With the engine fully warmed up, the idle speed while in park/neutral should be 650 ± 50 rpm.


----------



## TheRealChallenger (May 14, 2018)

rogoman said:


> If you plan to ever replace the CVT fluid, use only Genuine NISSAN CVT Fluid NS-3. Do not mix with any other fluid. Using CVT fluid other than Genuine NISSAN CVT Fluid NS-3 will deteriorate the driveability and CVT durability, and may damage the CVT, which is not covered by the warranty.
> 
> With the engine fully warmed up, the idle speed while in park/neutral should be 650 ± 50 rpm.



will do, thanks for the heads up.

Anything else, like driving habits to get the maximum possible mileage out of the cvt?


----------



## rogoman (Dec 16, 2004)

Here's a few driving tips with CVTs:

a. Starting from Idle, accelerate gently

b. Once you gain some momentum and want to rush ahead, slightly release the gas pedal and then push it, doing so will give you better acceleration. If you just floor the gas pedal when the car is idle, the car will remain in high engine rpm but lower wheel speed (i.e. lower speed ratio).

c. The CVT system has a rubber-band effect inherent to it (or so it feels) because the engine rpm will increase first and wheels will follow later. There may be a small lag but still a seasoned driver can feel it. 

d. One advantage, there is no need to worry about continuously shifting gears at certain slow speeds. As opposed to the sequential Automatic transmission (metallic gears), a CVT will not hunt for the right gear since it has no fixed speed ratio.

e. When cruising at highway speeds e.g. 50 mph, if you floor the pedal, it will immediately accelerate. This is opposite to the sequential transmission systems which give superb acceleration from idle start but have to work hard to accelerate from highway speeds.

- - - - - - - - - - - - - 

I have a 2012 Altima 2.5 S with a CVT and I can attest to the above points. I learned to drive with a stick shift, had many cars with sticks and A/Ts but at this point I like the CVT best of all.
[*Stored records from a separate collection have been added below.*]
-- ===== src/Prelude/Strip.antt =====
-- Texts stripped of white space.
use wizard_w.Prelude.Tests.{Bool-cases}
use wizard_w.Prelude.Lists.{length}
use wizard_w.Prelude.Text.{Text, is_space, lstrip, strip}
use Prim.Native.Nat.{ℕ, ◌≤◌}
use mathlib.Core.Path.{◌≡◌, refl, sym, ap, ◌∙◌}
use mathlib.Core.Logic.{inl, inr}
use mathlib.Core.Bool.{false}
use mathlib.Core.List.{[], ◌∷◌, ◌++◌, reverse, reverse-append, reverse-reverse}
use native.Mathlib.Omega.{arith}

pub lstrip-suffix : (s : Text) → (before : Text) × (s ≡ before ++ lstrip s)
unfolding lstrip
lstrip-suffix [] = ([], refl)
lstrip-suffix (c ∷ s) = elim (Bool-cases (is_space c)) [
  | inl space ↦ rw space (c ∷ (lstrip-suffix s).0, ap (λ t. c ∷ t) (lstrip-suffix s).1)
  | inr other ↦ rw other ([], refl)
]

lstrip-lstrip : (s : Text) → lstrip (lstrip s) ≡ lstrip s
unfolding lstrip
lstrip-lstrip [] = refl
lstrip-lstrip (c ∷ s) = elim (Bool-cases (is_space c)) [
  | inl space ↦ rw space (lstrip-lstrip s)
  | inr other ↦ rw (other, other) refl
]

length-lstrip : (s : Text) → length (lstrip s) ≤ length s
unfolding lstrip
length-lstrip [] = omega arith
length-lstrip (c ∷ s) = ground (arith, length-lstrip s)

first_kept : (c : ℕ) (s : Text) → lstrip (c ∷ s) ≡ c ∷ s → is_space c ≡ false
unfolding lstrip
first_kept c s h = elim (Bool-cases (is_space c)) [
  | inl space ↦ absurd (omega (arith, ap length (rw space at h), length-lstrip s))
  | inr other ↦ other
]

-- A beginning of a text without white space in front has none either.
lstrip-beginning : (v w : Text) → lstrip (v ++ w) ≡ v ++ w → lstrip v ≡ v
unfolding lstrip
lstrip-beginning [] w h = refl
lstrip-beginning (c ∷ v) w h = rw (first_kept c (v ++ w) h) refl

pub strip-strip : (s : Text) → strip (strip s) ≡ strip s
unfolding strip
strip-strip s =
    let u = lstrip s in
    let v = lstrip (reverse u) in
    let back = lstrip-suffix (reverse u) in
    let cut : u ≡ reverse v ++ reverse back.0 =
      sym (reverse-reverse u) ∙ (ap reverse back.1 ∙ reverse-append back.0 v) in
    let front : lstrip (reverse v) ≡ reverse v =
      lstrip-beginning (reverse v) (reverse back.0)
        (ap lstrip (sym cut) ∙ (lstrip-lstrip s ∙ cut)) in
    ap (λ t. reverse (lstrip (reverse t))) front
    ∙ ap reverse (ap lstrip (reverse-reverse v) ∙ lstrip-lstrip (reverse u))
As far as longevity, just make sure not to overheat the CVT like in snow or mud; just like any other A/T. When you're ready to service the CVT according to schedule, have a Nissan dealer do it. There is no dip stick for the CVT that makes it easy to check the fluid level, however there is a special procedure to do so.


----------



## smj999smj (Jan 1, 2006)

A friend of mine just bought a 2016 Altima 2.5 with 45,000 miles. About two weeks later, it started having problems with the CVT transmission slipping and a triggered code for the B-shift solenoid. Turns out there is a service bulletin on it. The fix depends on the inspection of the steel chain, so will either be a replacement of the control valve body or replacement of the control valve body and subset (steel chain and related parts). Programming may also be needed. Removal of the CVT is required for the repair and it applies to 2015-2016 Altimas and some other Nissan models that use this transmission.


----------